● **Assigned task**: For the data below, give again exactly the lines from the one containing "else elim (bus.fetch32" through the one containing "when_translated (λ pa l'. fetch_translated", both ends included, and no others.

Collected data
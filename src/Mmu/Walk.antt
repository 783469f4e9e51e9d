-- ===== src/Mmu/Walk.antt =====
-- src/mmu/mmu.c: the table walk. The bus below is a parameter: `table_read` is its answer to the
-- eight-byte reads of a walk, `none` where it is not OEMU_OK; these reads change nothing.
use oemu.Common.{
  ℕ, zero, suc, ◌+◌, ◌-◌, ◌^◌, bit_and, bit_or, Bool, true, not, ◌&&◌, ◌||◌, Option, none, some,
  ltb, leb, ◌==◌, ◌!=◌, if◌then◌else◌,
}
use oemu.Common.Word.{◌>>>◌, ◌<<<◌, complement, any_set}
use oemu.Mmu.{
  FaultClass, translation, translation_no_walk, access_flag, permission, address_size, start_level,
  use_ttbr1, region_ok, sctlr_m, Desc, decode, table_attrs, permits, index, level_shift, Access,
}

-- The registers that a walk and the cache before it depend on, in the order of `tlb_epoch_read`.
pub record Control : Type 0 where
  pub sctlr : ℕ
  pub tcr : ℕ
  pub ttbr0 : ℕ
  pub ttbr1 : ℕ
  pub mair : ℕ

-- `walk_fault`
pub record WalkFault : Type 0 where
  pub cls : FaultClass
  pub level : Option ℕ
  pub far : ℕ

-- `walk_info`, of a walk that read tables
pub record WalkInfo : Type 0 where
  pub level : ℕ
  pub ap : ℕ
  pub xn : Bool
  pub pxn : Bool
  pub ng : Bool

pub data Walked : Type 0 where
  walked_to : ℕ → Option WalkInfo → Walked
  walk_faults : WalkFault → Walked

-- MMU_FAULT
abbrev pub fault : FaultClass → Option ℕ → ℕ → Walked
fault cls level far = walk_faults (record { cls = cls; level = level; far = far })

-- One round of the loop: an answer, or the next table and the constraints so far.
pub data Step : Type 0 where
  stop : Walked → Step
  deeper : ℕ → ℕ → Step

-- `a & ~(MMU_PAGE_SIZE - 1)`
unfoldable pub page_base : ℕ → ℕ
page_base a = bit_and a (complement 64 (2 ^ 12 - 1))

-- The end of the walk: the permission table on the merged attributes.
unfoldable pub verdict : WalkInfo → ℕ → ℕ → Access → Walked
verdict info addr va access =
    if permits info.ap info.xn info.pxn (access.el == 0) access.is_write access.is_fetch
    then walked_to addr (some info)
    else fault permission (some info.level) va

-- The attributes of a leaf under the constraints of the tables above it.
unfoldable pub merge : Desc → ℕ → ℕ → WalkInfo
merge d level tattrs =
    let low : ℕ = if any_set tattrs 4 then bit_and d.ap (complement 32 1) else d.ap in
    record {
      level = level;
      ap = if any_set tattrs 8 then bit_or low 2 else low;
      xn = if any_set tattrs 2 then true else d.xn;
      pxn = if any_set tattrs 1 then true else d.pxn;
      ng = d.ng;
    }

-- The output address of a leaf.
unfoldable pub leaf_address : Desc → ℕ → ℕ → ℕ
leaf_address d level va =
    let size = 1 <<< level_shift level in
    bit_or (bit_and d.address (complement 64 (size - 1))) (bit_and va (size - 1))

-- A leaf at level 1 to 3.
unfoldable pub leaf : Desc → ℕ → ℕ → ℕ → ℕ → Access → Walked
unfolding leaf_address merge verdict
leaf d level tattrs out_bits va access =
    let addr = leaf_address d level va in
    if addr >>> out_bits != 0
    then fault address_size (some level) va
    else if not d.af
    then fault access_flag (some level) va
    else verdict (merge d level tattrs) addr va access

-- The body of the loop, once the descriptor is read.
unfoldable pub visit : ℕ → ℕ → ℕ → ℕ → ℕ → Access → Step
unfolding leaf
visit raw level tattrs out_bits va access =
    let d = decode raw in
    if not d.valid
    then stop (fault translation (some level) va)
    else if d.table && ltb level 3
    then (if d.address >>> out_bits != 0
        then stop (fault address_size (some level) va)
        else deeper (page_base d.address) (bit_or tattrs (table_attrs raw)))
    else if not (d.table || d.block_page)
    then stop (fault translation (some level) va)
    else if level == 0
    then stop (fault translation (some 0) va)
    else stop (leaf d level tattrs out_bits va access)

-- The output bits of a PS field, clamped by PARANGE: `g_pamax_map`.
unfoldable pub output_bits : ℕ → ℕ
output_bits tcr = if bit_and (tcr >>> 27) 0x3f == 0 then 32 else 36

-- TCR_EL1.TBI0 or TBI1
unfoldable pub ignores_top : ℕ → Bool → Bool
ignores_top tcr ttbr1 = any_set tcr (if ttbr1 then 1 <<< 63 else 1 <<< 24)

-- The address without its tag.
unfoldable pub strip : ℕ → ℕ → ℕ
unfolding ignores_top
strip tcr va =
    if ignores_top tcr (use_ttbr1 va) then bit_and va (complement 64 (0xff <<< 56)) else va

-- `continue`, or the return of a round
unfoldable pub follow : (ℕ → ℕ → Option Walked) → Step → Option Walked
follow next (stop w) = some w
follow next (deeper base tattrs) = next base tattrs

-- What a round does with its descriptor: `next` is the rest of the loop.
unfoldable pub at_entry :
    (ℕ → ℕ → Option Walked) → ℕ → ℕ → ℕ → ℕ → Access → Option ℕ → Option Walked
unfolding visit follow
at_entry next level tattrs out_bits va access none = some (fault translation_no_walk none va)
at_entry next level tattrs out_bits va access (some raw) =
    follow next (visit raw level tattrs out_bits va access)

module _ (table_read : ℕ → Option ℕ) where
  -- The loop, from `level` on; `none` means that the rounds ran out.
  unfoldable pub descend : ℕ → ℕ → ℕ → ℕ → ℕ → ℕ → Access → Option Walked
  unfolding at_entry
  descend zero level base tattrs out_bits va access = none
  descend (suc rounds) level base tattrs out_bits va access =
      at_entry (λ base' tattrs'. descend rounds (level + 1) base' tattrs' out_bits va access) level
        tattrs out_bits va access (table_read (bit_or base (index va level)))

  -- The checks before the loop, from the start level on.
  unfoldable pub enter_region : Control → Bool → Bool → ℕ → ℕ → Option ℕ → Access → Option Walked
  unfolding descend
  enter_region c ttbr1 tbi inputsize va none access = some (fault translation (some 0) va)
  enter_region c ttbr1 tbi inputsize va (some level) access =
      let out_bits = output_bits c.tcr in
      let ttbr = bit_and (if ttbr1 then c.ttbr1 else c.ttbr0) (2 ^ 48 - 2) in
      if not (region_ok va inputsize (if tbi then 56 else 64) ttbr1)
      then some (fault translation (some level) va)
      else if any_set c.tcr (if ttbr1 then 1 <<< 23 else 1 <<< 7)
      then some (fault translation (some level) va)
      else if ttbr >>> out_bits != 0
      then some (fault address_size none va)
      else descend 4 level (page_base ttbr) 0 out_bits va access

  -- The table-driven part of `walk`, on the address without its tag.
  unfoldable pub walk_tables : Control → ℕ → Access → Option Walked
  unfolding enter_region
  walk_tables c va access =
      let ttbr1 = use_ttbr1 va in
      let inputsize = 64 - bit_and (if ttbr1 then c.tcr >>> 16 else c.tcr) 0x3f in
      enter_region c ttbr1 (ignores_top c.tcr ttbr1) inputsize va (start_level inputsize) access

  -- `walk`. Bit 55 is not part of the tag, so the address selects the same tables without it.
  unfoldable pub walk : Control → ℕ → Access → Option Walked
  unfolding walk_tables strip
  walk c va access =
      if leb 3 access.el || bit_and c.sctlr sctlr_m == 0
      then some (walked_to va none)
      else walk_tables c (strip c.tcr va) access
* * *
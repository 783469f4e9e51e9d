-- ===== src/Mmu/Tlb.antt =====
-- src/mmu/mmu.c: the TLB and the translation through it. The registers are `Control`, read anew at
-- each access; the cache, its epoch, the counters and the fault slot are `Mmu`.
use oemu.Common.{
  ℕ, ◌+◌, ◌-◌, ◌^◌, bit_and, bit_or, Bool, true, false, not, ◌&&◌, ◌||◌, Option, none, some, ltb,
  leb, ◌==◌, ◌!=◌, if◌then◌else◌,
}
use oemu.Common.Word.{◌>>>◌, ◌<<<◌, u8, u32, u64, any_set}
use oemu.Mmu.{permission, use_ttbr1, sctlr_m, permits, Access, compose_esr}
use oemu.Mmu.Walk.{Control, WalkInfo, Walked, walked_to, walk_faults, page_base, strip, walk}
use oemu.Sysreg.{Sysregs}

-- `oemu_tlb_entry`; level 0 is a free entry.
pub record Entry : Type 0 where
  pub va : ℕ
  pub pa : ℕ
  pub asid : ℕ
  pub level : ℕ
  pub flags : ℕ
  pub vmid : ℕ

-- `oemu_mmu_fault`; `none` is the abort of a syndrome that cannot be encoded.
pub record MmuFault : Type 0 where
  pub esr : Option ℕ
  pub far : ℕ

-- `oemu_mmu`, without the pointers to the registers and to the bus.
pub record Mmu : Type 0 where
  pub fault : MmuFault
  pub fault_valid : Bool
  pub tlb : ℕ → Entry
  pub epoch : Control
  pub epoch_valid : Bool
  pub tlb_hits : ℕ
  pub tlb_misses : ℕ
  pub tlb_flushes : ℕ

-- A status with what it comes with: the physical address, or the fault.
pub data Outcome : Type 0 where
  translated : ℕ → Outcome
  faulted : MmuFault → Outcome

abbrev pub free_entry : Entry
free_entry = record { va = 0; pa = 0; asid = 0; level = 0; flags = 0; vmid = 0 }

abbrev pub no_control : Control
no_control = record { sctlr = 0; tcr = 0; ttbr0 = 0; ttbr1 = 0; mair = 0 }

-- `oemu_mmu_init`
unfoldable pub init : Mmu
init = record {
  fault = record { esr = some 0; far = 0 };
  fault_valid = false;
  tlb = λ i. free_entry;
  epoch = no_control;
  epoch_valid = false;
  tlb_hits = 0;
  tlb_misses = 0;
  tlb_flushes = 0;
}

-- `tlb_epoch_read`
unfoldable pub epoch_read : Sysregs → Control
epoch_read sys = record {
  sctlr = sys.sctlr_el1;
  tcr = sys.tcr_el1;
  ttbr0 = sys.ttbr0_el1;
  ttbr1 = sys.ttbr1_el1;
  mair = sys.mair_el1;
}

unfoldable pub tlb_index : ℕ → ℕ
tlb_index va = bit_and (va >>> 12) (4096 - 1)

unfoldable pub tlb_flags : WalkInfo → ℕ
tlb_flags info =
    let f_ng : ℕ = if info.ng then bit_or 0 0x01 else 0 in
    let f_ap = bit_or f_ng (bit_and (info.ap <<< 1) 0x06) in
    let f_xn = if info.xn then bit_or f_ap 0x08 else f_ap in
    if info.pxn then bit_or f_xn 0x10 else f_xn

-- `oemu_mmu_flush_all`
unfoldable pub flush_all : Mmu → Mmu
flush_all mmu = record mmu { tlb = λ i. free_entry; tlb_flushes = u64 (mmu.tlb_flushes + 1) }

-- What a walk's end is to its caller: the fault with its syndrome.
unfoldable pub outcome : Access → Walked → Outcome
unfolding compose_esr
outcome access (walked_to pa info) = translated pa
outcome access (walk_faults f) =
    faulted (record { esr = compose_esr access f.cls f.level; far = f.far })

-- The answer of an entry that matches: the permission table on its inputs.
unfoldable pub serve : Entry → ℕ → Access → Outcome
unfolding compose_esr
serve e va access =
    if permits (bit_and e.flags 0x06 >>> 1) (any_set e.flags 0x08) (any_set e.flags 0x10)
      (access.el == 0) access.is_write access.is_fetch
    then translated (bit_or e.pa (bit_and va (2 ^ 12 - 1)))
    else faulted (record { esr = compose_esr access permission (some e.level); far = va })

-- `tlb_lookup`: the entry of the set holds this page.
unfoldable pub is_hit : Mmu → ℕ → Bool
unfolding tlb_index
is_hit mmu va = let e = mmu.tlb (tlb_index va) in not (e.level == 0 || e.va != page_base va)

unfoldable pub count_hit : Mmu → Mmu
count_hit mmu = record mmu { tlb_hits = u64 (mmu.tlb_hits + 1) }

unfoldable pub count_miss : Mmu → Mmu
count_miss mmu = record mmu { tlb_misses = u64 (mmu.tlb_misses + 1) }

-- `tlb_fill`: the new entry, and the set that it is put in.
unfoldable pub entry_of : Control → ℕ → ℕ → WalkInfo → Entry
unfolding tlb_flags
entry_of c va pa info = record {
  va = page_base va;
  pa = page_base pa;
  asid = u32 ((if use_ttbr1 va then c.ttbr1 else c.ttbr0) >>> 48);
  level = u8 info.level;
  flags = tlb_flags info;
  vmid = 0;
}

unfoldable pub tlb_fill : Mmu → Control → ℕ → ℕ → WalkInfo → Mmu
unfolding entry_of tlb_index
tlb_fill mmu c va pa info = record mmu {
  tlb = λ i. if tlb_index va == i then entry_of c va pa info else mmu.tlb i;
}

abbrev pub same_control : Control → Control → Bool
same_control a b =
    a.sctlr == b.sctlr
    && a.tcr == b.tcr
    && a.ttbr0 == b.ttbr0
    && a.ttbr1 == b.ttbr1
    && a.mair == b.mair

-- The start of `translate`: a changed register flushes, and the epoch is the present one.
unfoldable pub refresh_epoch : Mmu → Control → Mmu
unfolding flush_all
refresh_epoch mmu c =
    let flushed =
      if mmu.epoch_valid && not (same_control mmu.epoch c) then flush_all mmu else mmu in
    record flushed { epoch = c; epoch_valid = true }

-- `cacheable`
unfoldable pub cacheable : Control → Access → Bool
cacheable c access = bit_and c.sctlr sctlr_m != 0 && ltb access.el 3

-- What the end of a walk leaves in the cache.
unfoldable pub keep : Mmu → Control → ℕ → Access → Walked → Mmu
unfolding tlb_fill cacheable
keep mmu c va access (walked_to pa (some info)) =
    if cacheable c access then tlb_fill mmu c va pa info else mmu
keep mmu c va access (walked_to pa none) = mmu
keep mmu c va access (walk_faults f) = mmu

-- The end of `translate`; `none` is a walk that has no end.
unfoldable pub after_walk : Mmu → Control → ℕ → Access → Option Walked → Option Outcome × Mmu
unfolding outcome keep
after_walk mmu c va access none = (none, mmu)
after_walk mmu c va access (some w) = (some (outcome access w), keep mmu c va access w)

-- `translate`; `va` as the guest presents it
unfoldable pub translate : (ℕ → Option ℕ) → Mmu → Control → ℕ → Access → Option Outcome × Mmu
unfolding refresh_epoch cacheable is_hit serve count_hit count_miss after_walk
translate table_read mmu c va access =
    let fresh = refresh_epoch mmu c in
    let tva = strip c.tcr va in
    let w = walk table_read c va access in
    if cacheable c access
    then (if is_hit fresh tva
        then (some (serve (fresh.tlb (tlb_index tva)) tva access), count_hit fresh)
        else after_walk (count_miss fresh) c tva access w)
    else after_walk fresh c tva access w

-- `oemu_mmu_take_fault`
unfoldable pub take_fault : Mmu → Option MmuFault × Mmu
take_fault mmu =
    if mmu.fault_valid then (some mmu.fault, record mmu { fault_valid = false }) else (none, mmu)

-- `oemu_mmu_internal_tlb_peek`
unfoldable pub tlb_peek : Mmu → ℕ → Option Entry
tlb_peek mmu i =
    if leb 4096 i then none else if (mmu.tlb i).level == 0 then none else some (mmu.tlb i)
* * *
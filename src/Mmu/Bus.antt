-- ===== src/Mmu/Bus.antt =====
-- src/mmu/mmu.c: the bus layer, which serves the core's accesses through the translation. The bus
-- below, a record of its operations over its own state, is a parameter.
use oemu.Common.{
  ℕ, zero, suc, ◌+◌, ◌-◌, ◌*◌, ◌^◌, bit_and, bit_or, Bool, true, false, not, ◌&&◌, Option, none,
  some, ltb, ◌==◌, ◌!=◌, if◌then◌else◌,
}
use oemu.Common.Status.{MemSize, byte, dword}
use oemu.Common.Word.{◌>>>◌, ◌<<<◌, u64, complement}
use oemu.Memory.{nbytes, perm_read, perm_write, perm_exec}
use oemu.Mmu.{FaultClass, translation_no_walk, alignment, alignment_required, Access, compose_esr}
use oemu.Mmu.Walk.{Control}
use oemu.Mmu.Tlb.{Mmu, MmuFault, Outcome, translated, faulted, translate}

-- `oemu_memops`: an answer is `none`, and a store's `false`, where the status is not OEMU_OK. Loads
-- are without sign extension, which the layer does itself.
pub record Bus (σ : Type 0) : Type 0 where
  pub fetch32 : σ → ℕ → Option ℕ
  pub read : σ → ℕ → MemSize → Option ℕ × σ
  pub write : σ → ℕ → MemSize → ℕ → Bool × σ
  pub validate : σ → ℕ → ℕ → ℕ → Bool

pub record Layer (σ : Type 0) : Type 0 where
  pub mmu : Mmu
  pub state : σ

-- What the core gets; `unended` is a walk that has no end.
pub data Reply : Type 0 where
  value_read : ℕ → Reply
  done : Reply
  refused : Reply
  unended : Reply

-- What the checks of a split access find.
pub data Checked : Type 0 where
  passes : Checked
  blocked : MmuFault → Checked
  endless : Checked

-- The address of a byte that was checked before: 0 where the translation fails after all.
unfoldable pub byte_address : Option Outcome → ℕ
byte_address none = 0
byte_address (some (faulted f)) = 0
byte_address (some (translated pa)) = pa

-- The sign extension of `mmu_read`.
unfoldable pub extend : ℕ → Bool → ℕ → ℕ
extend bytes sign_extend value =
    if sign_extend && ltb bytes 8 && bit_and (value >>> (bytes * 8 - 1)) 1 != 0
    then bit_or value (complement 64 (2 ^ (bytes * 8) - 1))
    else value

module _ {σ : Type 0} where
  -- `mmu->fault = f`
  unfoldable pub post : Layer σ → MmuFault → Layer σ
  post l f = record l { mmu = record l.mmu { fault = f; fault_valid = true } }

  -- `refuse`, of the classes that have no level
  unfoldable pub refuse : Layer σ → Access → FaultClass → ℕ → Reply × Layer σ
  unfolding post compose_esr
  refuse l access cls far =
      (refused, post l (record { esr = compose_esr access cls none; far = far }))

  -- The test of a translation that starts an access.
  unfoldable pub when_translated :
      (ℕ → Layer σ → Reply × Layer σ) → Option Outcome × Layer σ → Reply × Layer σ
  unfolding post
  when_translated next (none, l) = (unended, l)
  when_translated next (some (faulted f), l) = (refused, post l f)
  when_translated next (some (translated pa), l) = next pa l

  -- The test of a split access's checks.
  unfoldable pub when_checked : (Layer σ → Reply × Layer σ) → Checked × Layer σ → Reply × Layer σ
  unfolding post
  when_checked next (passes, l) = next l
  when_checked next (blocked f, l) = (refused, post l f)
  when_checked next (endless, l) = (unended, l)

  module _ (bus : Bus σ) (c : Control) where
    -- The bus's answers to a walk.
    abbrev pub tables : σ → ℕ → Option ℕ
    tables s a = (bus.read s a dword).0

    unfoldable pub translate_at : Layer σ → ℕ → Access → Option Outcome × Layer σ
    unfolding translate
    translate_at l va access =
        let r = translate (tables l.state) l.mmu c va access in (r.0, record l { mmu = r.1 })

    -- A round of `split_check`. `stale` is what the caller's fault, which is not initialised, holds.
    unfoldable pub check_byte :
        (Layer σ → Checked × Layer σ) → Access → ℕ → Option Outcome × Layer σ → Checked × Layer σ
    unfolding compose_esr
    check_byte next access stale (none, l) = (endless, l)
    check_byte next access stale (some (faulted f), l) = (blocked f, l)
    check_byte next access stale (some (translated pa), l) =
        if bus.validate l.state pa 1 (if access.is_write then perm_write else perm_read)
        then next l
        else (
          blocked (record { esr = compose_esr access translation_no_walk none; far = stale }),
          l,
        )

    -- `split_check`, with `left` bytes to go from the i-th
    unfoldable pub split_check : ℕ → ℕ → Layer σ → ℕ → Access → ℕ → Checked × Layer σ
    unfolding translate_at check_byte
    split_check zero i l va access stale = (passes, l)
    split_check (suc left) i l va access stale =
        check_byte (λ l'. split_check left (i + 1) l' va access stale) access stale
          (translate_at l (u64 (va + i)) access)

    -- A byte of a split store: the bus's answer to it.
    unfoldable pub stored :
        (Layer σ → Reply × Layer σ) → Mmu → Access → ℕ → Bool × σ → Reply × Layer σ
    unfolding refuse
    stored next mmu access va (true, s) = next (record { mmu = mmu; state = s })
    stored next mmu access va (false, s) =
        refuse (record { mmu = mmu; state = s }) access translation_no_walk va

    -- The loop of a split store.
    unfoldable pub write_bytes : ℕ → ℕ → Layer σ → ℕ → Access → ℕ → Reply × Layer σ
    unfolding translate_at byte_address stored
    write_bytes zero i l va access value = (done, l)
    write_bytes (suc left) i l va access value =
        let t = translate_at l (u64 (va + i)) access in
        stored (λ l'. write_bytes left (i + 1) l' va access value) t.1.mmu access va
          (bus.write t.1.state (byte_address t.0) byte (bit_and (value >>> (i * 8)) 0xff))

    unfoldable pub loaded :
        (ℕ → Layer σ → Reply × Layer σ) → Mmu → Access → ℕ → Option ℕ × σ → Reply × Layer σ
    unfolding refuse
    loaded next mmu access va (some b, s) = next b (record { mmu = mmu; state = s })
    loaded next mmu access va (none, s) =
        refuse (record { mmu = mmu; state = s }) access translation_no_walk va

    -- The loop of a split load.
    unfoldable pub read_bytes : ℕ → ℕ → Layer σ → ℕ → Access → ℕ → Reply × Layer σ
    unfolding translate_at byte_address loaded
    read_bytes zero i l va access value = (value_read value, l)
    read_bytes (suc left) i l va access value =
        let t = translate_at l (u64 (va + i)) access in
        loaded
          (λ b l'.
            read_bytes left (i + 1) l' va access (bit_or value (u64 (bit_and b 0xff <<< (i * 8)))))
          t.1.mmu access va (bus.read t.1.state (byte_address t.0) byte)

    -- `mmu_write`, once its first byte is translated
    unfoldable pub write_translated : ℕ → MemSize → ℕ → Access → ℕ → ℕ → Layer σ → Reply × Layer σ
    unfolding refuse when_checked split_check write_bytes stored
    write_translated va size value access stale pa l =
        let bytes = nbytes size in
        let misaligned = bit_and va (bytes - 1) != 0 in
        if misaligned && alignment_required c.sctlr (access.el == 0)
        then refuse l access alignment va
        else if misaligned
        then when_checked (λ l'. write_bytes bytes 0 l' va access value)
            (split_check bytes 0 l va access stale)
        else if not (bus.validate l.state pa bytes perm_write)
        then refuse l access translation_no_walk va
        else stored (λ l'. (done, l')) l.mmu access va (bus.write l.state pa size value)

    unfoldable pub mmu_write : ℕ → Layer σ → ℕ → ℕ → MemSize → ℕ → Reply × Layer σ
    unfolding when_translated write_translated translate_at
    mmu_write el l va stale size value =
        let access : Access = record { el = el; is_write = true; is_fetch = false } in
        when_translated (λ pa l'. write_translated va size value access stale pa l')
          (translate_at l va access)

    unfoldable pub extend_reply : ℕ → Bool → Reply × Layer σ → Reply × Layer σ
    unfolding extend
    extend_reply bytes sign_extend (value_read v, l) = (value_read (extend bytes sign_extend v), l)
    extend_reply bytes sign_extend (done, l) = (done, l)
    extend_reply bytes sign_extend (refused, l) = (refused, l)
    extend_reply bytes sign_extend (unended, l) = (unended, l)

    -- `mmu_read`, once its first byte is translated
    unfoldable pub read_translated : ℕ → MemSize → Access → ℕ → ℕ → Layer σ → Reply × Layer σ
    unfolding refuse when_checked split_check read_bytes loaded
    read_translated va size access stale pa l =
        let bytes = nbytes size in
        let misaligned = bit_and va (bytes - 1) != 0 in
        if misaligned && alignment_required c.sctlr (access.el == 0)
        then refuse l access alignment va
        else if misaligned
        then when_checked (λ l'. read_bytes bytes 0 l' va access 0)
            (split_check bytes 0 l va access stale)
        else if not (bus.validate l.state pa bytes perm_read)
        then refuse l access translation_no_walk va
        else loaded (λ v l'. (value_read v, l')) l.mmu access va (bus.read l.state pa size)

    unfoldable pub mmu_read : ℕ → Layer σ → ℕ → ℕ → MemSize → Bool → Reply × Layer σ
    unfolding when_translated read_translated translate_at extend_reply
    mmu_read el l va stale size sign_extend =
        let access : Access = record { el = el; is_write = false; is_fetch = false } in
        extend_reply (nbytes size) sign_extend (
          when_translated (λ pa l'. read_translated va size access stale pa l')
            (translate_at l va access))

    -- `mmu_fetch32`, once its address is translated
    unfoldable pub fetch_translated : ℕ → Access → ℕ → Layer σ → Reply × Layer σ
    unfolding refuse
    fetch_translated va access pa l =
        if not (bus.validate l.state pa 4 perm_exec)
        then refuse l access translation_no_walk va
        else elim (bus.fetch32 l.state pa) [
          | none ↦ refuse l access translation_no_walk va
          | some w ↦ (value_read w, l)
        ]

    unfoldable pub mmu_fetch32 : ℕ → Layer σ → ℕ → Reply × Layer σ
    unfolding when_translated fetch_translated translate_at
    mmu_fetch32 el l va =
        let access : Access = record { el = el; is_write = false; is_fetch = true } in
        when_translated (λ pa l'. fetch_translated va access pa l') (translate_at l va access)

● **Solved exercise**:
        else elim (bus.fetch32 l.state pa) [
          | none ↦ refuse l access translation_no_walk va
          | some w ↦ (value_read w, l)
        ]

    unfoldable pub mmu_fetch32 : ℕ → Layer σ → ℕ → Reply × Layer σ
    unfolding when_translated fetch_translated translate_at
    mmu_fetch32 el l va =
        let access : Access = record { el = el; is_write = false; is_fetch = true } in
        when_translated (λ pa l'. fetch_translated va access pa l') (translate_at l va access)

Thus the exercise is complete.